[Start of section]

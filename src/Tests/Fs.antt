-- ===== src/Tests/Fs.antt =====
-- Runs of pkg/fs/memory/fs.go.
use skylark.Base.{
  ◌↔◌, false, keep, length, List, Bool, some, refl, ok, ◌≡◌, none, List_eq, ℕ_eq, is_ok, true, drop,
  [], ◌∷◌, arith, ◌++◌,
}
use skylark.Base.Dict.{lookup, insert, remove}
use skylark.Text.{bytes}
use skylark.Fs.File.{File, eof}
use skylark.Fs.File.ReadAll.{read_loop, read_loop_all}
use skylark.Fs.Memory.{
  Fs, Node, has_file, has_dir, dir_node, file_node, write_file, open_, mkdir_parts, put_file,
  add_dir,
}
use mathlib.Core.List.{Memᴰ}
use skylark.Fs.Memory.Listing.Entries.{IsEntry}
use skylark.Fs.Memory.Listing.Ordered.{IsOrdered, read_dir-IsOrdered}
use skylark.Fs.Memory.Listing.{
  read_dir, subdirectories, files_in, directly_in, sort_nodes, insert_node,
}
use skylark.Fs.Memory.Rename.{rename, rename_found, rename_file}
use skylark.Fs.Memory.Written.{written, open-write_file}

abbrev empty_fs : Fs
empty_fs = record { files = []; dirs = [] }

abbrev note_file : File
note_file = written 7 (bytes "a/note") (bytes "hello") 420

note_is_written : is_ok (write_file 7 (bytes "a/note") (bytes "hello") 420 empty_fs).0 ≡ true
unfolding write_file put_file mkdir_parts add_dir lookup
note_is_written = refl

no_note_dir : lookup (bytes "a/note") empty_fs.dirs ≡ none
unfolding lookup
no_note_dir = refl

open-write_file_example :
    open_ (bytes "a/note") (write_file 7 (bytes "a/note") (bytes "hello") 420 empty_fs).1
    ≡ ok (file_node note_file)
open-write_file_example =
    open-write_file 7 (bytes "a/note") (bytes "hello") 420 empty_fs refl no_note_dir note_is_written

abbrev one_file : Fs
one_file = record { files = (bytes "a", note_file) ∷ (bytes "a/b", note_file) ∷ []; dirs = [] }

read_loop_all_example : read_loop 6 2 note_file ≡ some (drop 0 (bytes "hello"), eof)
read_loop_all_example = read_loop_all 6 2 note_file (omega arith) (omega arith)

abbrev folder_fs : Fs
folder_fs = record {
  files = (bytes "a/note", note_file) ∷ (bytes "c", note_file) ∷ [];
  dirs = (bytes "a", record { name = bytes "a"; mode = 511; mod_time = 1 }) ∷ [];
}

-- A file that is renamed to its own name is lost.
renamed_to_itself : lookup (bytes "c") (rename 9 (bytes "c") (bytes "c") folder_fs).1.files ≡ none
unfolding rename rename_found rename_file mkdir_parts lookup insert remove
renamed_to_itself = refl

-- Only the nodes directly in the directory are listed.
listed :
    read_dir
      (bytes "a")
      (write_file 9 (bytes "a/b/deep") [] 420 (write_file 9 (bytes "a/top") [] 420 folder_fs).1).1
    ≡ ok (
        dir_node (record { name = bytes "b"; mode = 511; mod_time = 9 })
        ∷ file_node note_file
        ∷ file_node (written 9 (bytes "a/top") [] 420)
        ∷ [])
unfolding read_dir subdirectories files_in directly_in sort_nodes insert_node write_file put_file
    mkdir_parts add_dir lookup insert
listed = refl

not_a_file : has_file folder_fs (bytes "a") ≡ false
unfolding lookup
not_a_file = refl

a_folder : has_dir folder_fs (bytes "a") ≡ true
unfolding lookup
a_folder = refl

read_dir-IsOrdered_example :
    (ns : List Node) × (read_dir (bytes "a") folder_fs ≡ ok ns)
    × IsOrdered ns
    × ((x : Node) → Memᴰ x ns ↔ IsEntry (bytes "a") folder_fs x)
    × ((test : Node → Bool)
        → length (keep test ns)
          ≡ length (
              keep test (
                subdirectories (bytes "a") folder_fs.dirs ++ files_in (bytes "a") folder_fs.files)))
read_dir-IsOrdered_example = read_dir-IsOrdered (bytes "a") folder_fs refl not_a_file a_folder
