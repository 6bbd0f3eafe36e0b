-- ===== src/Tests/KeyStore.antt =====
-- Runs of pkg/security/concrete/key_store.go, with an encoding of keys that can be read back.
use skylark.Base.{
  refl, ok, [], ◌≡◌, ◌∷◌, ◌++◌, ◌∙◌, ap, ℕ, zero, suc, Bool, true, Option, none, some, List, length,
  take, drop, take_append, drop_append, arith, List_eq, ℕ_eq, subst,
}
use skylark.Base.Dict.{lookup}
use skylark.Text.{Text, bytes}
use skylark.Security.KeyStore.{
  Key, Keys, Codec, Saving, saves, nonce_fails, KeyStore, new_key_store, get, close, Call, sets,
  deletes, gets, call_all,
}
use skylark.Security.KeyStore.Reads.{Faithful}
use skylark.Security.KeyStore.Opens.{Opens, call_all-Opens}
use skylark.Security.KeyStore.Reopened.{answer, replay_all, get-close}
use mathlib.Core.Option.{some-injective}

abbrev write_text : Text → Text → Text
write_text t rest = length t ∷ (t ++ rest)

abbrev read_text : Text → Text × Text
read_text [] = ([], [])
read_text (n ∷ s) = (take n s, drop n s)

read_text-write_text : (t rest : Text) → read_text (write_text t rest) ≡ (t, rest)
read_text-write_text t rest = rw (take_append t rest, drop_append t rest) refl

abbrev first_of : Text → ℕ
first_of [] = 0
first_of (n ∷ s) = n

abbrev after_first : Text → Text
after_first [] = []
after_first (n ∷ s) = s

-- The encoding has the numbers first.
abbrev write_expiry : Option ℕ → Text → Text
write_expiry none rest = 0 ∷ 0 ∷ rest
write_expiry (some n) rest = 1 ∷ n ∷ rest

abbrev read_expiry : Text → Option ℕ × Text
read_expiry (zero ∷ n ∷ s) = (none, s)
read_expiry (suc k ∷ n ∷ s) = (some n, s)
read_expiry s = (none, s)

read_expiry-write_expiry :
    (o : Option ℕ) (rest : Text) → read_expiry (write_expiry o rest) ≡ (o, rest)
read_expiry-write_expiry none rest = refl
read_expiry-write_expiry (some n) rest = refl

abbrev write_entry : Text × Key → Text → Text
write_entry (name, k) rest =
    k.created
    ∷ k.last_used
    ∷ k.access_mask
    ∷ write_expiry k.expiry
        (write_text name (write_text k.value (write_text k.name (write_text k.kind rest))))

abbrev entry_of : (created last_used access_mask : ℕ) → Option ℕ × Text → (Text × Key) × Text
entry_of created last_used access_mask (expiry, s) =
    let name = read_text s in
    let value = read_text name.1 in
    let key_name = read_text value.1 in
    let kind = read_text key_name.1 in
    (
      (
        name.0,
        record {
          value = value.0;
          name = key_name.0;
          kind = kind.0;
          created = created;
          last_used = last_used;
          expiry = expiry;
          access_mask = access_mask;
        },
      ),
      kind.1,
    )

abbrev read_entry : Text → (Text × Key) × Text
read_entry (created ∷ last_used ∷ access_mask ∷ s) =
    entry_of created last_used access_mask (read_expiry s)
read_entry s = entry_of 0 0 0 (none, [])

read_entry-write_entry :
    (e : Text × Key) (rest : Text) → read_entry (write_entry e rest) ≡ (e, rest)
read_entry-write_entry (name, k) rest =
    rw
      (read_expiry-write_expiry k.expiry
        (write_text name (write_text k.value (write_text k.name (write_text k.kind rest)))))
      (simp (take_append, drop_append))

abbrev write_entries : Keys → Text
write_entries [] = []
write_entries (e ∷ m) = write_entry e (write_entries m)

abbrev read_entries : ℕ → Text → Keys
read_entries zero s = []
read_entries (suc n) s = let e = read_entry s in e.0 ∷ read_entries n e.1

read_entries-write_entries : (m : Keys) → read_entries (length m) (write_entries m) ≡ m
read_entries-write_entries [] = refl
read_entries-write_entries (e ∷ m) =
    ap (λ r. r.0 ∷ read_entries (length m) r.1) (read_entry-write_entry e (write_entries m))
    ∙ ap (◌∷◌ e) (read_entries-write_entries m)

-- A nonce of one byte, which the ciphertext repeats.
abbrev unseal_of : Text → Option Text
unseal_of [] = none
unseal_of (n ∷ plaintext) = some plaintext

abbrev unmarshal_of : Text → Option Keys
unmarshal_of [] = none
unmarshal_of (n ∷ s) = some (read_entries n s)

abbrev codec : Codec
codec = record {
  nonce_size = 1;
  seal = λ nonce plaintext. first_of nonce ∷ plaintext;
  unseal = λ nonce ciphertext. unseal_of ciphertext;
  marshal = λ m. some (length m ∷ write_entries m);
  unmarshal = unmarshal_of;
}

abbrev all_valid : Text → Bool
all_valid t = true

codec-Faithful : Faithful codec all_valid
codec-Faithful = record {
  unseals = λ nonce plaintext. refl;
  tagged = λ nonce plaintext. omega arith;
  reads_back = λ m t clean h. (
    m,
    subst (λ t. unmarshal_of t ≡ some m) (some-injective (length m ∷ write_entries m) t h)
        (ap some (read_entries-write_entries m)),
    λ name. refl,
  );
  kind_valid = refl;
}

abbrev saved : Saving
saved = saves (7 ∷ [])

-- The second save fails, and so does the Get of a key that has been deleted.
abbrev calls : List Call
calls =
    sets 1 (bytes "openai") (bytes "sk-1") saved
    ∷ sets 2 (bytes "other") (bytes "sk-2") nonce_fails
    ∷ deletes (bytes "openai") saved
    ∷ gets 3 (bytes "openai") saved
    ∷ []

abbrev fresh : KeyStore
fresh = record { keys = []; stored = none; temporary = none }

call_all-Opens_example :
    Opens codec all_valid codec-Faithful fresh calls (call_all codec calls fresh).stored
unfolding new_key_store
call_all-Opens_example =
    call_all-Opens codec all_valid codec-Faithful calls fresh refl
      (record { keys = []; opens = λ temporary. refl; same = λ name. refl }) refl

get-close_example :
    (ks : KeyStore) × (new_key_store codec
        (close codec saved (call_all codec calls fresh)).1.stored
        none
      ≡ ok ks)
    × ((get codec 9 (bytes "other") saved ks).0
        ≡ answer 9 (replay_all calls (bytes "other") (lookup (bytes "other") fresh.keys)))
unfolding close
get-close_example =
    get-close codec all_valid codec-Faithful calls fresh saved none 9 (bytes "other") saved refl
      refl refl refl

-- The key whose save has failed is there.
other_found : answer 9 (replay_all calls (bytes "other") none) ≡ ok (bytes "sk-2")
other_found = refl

[End of section]

**EXERCISE DETAILS:** Starting at the line with "kind = kind.0;" and ending at the line with "saved = saves (7 ∷ [])", print each line of the listing above exactly, with no other lines.

**RESPONSE TO THIS EXERCISE:**
          kind = kind.0;
          created = created;
          last_used = last_used;
          expiry = expiry;
          access_mask = access_mask;
        },
      ),
      kind.1,
    )

abbrev read_entry : Text → (Text × Key) × Text
read_entry (created ∷ last_used ∷ access_mask ∷ s) =
    entry_of created last_used access_mask (read_expiry s)
read_entry s = entry_of 0 0 0 (none, [])

read_entry-write_entry :
    (e : Text × Key) (rest : Text) → read_entry (write_entry e rest) ≡ (e, rest)
read_entry-write_entry (name, k) rest =
    rw
      (read_expiry-write_expiry k.expiry
        (write_text name (write_text k.value (write_text k.name (write_text k.kind rest)))))
      (simp (take_append, drop_append))

abbrev write_entries : Keys → Text
write_entries [] = []
write_entries (e ∷ m) = write_entry e (write_entries m)

abbrev read_entries : ℕ → Text → Keys
read_entries zero s = []
read_entries (suc n) s = let e = read_entry s in e.0 ∷ read_entries n e.1

read_entries-write_entries : (m : Keys) → read_entries (length m) (write_entries m) ≡ m
read_entries-write_entries [] = refl
read_entries-write_entries (e ∷ m) =
    ap (λ r. r.0 ∷ read_entries (length m) r.1) (read_entry-write_entry e (write_entries m))
    ∙ ap (◌∷◌ e) (read_entries-write_entries m)

-- A nonce of one byte, which the ciphertext repeats.
abbrev unseal_of : Text → Option Text
unseal_of [] = none
unseal_of (n ∷ plaintext) = some plaintext

abbrev unmarshal_of : Text → Option Keys
unmarshal_of [] = none
unmarshal_of (n ∷ s) = some (read_entries n s)

abbrev codec : Codec
codec = record {
  nonce_size = 1;
  seal = λ nonce plaintext. first_of nonce ∷ plaintext;
  unseal = λ nonce ciphertext. unseal_of ciphertext;
  marshal = λ m. some (length m ∷ write_entries m);
  unmarshal = unmarshal_of;
}

abbrev all_valid : Text → Bool
all_valid t = true

codec-Faithful : Faithful codec all_valid
codec-Faithful = record {
  unseals = λ nonce plaintext. refl;
  tagged = λ nonce plaintext. omega arith;
  reads_back = λ m t clean h. (
    m,
    subst (λ t. unmarshal_of t ≡ some m) (some-injective (length m ∷ write_entries m) t h)
        (ap some (read_entries-write_entries m)),
    λ name. refl,
  );
  kind_valid = refl;
}

abbrev saved : Saving
saved = saves (7 ∷ [])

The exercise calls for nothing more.